Rather than considering the meaning from the child’s viewpoint of being immobilized in the dark (and possibly in water), Vasquez is concerned with what it all meant for the parents. “Personally, I found the image of a young child being held in a bathtub, in the dark, while he screamed uncontrollably for hours at a time both profound and moving. … It … shows… what lengths some of these parents went to provide these children comfort and solace. Undoubtedly, to sit in a bathtub for multiple hours a day, restraining a screaming child for 6 to 8 months shows an incredible level of devotion and commitment to the care and well-being of these children”. Although many of us would query whether this behavior actually shows an incredible level of ignorance or of sadism, Vasquez does not mention that alternative explanation. Instead, he stays with the AT/HT tenet that adoptive parents are loving and good, as well as able and determined to make the best choices for children.
This is very depressing, but let me mention one other topic Vasquez mentions. It’s the old Darkness Behind the Eyes (see www.attachmentandtraumaspecialists.com/attachment_disorder/symptoms and other AT/HT sources). Vasquez says “hearing numerous reports about how these rages can be seen in the eyes of their child, I began to see this attribute as a significant feature in discussing these rages. “ He inquired of one mother about the idea that her child’s eyes changed color. She said “Mmm-hmm. Her eyes change color. They all do. They go DARK.” Another parent made the following statement: “When he would rage… it would almost look like there’s a fire in the whites of his eyes. He wore the footed pajamas, and at bedtime sometimes I would have to hold him down, and he would kick, and with all the lights off there would be sparks everywhere, I mean he was raging that fast.” Vasquez did not question these reports of physical impossibilities, but did note that the parents did not seem to attribute the events they reported to demonic possession. He did not examine the possibility that alternative practitioners and support groups had told the parents these things would happen.
So, do I blame Vasquez for this piece of work that repeats without question or comment various tenets of the AT/HT belief and treatment systems? Yes, to some extent I do. The man is not a scholar, although he seems to think he is, and he has done a sloppy job at best, mismanaging citations and references. He fails to note the discrepancies between the DSM criteria for RAD and the symptom list he emphasizes. He notes his attempts to manage his own biases by journaling, but does not attempt to discuss alternative interpretations for some of his conclusions. He did not do this work with due diligence, and if I contemplated employing him, I would be most concerned that the same degree of bias and carelessness would contaminate his professional contributions.

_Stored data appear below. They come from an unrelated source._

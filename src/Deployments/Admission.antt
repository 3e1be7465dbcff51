-- ===== src/Deployments/Admission.antt =====
-- `_queue` of deployments/service/convergence.py behind the choice of the release: the deployment, its
-- targets, the pruning of the history and the job, in one transaction. The host limit is one that its
-- validation has passed; the releases on record, the queue of the jobs and its `enqueue` are parameters.
pub mod Submitted
mod Examples
use blitze_cdn_cp.Prelude.{
  ℕ, String, List, [], ◌∷◌, ◌++◌, Bool, true, false, not, ◌&&◌, Option, none, some, if◌then◌else◌,
  ◌==◌, string_eq,
}
use blitze_cdn_cp.Sql.{select_where, matches}
use blitze_cdn_cp.Deployments.Targets.{Fleet, PlanError, plan}
use blitze_cdn_cp.Deployments.History.{
  Deployment, DeploymentTable, keyed, create_deployment, prune_history,
}

pub record Admission : Type 0 where
  pub operator : String
  pub check : Bool
  pub release_id : String
  pub rollback_of : Option String
  pub host_limit : Option String
  pub canonical_digest : Option String
  pub edges : List String
  pub background : Bool

pub record Ledger (Q : Type 0) : Type 0 where
  pub history : DeploymentTable
  pub fleet : Fleet
  pub jobs : Q

-- An identifier that is taken, a reference to a release or a deployment that is not there, a plan that
-- is refused, and a job that is refused.
pub data Refusal : Type 0 where
  taken : Refusal
  dangling : Refusal
  unplannable : PlanError → Refusal
  not_enqueued : Refusal

pub data Admitted (Q : Type 0) : Type 0 where
  admitted : Deployment → Ledger Q → Admitted Q
  turned_away : Refusal → Admitted Q

unfoldable pub with_row : String → Fleet → Fleet
with_row id fleet = record fleet {
  deployments = fleet.deployments ++ (record { id = id; generation = 0 }) ∷ [];
}

-- What ON DELETE CASCADE leaves for the deployments that stay.
unfoldable pub cascade : DeploymentTable → Fleet → Fleet
unfolding keyed
cascade rows fleet = record {
  deployments = select_where (λ row. matches (keyed row.id) rows) fleet.deployments;
  targets = select_where (λ t. matches (keyed t.deployment_id) rows) fleet.targets;
}

refers : Option String → DeploymentTable → Bool
unfolding keyed
refers none rows = true
refers (some id) rows = matches (keyed id) rows

-- The foreign keys of the deployment; `known` are the identifiers of the releases on record.
unfoldable pub has_references : (String → Bool) → Admission → DeploymentTable → Bool
unfolding refers
has_references known a rows = known a.release_id && refers a.rollback_of rows

module _ {Q : Type 0} (enqueue : String → Q → Option Q) where
  after_job : Deployment → DeploymentTable → Fleet → Option Q → Admitted Q
  after_job d rows fleet none = turned_away not_enqueued
  after_job d rows fleet (some jobs) =
      admitted d (record { history = rows; fleet = fleet; jobs = jobs })

  after_plan : ℕ → Bool → Deployment → DeploymentTable → Q → Option PlanError × Fleet → Admitted Q
  unfolding after_job prune_history cascade
  after_plan keep background d rows jobs (some e, fleet) = turned_away (unplannable e)
  after_plan keep background d rows jobs (none, fleet) =
      let kept = (prune_history keep rows).1 in
      after_job d kept (cascade kept fleet) (if background then enqueue d.id jobs else some jobs)

  after_create : ℕ → Admission → Ledger Q → Option Deployment × DeploymentTable → Admitted Q
  unfolding after_plan plan with_row
  after_create keep a s (none, rows) = turned_away taken
  after_create keep a s (some d, rows) =
      after_plan keep a.background d rows s.jobs (plan d.id a.edges 0 (with_row d.id s.fleet))

  -- What is refused leaves the ledger as it was.
  unfoldable pub queue : (String → Bool) → ℕ → String → ℕ → Admission → Ledger Q → Admitted Q
  unfolding has_references after_create create_deployment
  queue known keep id now a s =
      if not (has_references known a s.history)
      then turned_away dangling
      else after_create keep a s (
          create_deployment id a.operator a.check a.release_id a.rollback_of a.host_limit
            a.canonical_digest now s.history)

On the other hand, though, I cannot say that all the fault lies with Vasquez. As a doctoral student, he had a supervisor and a dissertation committee, all of them apparently with doctoral degrees. Why did they sign off on this level of work? Did they not realize that a dissertation may be cited, quoted, and used as the basis for further claims? As far as I can see, none of the committee specialize in adoption issues or in childhood mental health problems. Why did they agree to support this work if they knew little about it? Given that a doctoral candidate temporarily knows more about what he or she did than anyone else in the world, why did they not at least insist that this student explore alternative explanations of his interview findings? Do they not think that the discipline of social work depends on adequate research, not just on sympathy with suffering people?
It’s my hope that this committee and others supervising social work graduate students will read the forthcoming book by Bruce Thyer and Monica Pignotti, Science and pseudoscience in social work practice (Springer, 2015). Meanwhile, the rest of us have to deal with the release of yet another AT/HT proponent armed with an apparently respectable doctoral degree.